▶ [TASK DESCRIPTION] The data must be returned exactly. No line may be left out.

▶ [INPUT]
*** Block opens ***

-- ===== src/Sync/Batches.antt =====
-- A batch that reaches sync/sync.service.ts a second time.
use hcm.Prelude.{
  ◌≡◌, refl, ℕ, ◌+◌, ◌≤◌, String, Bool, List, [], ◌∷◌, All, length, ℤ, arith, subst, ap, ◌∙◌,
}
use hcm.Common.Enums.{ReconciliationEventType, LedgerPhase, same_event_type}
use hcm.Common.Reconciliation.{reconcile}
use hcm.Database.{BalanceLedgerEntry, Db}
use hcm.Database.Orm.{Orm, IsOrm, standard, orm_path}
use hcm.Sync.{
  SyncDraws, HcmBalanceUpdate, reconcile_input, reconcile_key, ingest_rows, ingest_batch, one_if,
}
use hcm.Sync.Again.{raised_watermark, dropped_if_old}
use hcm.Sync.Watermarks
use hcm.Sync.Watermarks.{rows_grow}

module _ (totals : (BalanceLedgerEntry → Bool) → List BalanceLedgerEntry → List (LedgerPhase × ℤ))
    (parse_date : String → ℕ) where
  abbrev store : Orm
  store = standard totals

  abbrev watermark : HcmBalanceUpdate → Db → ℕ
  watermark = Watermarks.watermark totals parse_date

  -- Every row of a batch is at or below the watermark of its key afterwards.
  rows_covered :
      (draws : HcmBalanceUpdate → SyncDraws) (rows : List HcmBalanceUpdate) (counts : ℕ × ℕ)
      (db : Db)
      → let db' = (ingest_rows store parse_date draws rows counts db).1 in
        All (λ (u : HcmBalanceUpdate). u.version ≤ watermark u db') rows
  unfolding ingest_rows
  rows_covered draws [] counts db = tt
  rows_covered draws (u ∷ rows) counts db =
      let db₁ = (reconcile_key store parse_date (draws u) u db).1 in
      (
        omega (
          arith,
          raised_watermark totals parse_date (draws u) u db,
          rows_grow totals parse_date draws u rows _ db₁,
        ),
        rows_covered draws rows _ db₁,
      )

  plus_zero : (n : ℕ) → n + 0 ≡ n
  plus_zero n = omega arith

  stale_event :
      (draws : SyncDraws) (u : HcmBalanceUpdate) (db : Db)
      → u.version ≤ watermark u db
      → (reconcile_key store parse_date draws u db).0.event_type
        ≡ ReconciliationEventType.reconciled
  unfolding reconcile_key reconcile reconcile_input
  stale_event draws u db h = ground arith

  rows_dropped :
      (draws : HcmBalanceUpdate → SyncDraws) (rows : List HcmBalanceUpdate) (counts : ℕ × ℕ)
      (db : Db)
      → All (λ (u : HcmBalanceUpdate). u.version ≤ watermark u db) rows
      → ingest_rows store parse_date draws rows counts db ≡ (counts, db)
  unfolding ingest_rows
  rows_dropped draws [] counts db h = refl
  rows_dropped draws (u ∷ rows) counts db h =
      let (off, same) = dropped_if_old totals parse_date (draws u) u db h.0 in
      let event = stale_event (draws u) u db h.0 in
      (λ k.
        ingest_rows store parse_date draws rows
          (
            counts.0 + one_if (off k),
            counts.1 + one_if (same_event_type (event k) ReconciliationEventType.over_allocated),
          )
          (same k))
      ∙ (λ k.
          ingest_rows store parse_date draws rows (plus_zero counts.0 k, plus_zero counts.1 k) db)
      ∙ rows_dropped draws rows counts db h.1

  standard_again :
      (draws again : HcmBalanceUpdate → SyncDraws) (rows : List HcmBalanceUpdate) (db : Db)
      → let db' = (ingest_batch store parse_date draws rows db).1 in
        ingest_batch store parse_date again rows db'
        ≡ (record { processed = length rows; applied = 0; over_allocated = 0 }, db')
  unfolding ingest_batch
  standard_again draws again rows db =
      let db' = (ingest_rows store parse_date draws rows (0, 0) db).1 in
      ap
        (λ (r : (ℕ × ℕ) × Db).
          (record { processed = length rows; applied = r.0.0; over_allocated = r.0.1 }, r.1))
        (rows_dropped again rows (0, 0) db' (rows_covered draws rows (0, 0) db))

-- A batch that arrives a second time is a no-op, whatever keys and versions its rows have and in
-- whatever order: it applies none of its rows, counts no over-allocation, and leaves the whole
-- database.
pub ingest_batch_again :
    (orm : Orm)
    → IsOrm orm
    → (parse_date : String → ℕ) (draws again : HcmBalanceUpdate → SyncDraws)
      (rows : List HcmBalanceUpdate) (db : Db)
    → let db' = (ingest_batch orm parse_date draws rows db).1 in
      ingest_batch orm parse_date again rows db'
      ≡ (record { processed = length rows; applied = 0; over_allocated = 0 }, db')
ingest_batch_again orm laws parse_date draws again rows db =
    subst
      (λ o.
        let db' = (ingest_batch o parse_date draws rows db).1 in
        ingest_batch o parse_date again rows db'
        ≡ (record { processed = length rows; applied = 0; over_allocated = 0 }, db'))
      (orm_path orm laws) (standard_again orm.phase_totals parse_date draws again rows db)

*** Block closes ***

▶ [OUTPUT]
-- ===== src/Sync/Batches.antt =====
-- A batch that reaches sync/sync.service.ts a second time.
use hcm.Prelude.{
  ◌≡◌, refl, ℕ, ◌+◌, ◌≤◌, String, Bool, List, [], ◌∷◌, All, length, ℤ, arith, subst, ap, ◌∙◌,
}
use hcm.Common.Enums.{ReconciliationEventType, LedgerPhase, same_event_type}
use hcm.Common.Reconciliation.{reconcile}
use hcm.Database.{BalanceLedgerEntry, Db}
use hcm.Database.Orm.{Orm, IsOrm, standard, orm_path}
use hcm.Sync.{
  SyncDraws, HcmBalanceUpdate, reconcile_input, reconcile_key, ingest_rows, ingest_batch, one_if,
}
use hcm.Sync.Again.{raised_watermark, dropped_if_old}
use hcm.Sync.Watermarks
use hcm.Sync.Watermarks.{rows_grow}

module _ (totals : (BalanceLedgerEntry → Bool) → List BalanceLedgerEntry → List (LedgerPhase × ℤ))
    (parse_date : String → ℕ) where
  abbrev store : Orm
  store = standard totals

  abbrev watermark : HcmBalanceUpdate → Db → ℕ
  watermark = Watermarks.watermark totals parse_date

  -- Every row of a batch is at or below the watermark of its key afterwards.
  rows_covered :
      (draws : HcmBalanceUpdate → SyncDraws) (rows : List HcmBalanceUpdate) (counts : ℕ × ℕ)
      (db : Db)
      → let db' = (ingest_rows store parse_date draws rows counts db).1 in
        All (λ (u : HcmBalanceUpdate). u.version ≤ watermark u db') rows
  unfolding ingest_rows
  rows_covered draws [] counts db = tt
  rows_covered draws (u ∷ rows) counts db =
      let db₁ = (reconcile_key store parse_date (draws u) u db).1 in
      (
        omega (
          arith,
          raised_watermark totals parse_date (draws u) u db,
          rows_grow totals parse_date draws u rows _ db₁,
        ),
        rows_covered draws rows _ db₁,
      )

  plus_zero : (n : ℕ) → n + 0 ≡ n
  plus_zero n = omega arith

  stale_event :
      (draws : SyncDraws) (u : HcmBalanceUpdate) (db : Db)
      → u.version ≤ watermark u db
      → (reconcile_key store parse_date draws u db).0.event_type
        ≡ ReconciliationEventType.reconciled
  unfolding reconcile_key reconcile reconcile_input
  stale_event draws u db h = ground arith

  rows_dropped :
      (draws : HcmBalanceUpdate → SyncDraws) (rows : List HcmBalanceUpdate) (counts : ℕ × ℕ)
      (db : Db)
      → All (λ (u : HcmBalanceUpdate). u.version ≤ watermark u db) rows
      → ingest_rows store parse_date draws rows counts db ≡ (counts, db)
  unfolding ingest_rows
  rows_dropped draws [] counts db h = refl
  rows_dropped draws (u ∷ rows) counts db h =
      let (off, same) = dropped_if_old totals parse_date (draws u) u db h.0 in
      let event = stale_event (draws u) u db h.0 in
      (λ k.
        ingest_rows store parse_date draws rows
          (
            counts.0 + one_if (off k),
            counts.1 + one_if (same_event_type (event k) ReconciliationEventType.over_allocated),
          )
          (same k))
      ∙ (λ k.
          ingest_rows store parse_date draws rows (plus_zero counts.0 k, plus_zero counts.1 k) db)
      ∙ rows_dropped draws rows counts db h.1

  standard_again :
      (draws again : HcmBalanceUpdate → SyncDraws) (rows : List HcmBalanceUpdate) (db : Db)
      → let db' = (ingest_batch store parse_date draws rows db).1 in
        ingest_batch store parse_date again rows db'
        ≡ (record { processed = length rows; applied = 0; over_allocated = 0 }, db')
  unfolding ingest_batch
  standard_again draws again rows db =
      let db' = (ingest_rows store parse_date draws rows (0, 0) db).1 in
      ap
        (λ (r : (ℕ × ℕ) × Db).
          (record { processed = length rows; applied = r.0.0; over_allocated = r.0.1 }, r.1))
        (rows_dropped again rows (0, 0) db' (rows_covered draws rows (0, 0) db))

-- A batch that arrives a second time is a no-op, whatever keys and versions its rows have and in
-- whatever order: it applies none of its rows, counts no over-allocation, and leaves the whole
-- database.
pub ingest_batch_again :
    (orm : Orm)
    → IsOrm orm
    → (parse_date : String → ℕ) (draws again : HcmBalanceUpdate → SyncDraws)
      (rows : List HcmBalanceUpdate) (db : Db)
    → let db' = (ingest_batch orm parse_date draws rows db).1 in
      ingest_batch orm parse_date again rows db'
      ≡ (record { processed = length rows; applied = 0; over_allocated = 0 }, db')
ingest_batch_again orm laws parse_date draws again rows db =
    subst
      (λ o.
        let db' = (ingest_batch o parse_date draws rows db).1 in
        ingest_batch o parse_date again rows db'
        ≡ (record { processed = length rows; applied = 0; over_allocated = 0 }, db'))
      (orm_path orm laws) (standard_again orm.phase_totals parse_date draws again rows db)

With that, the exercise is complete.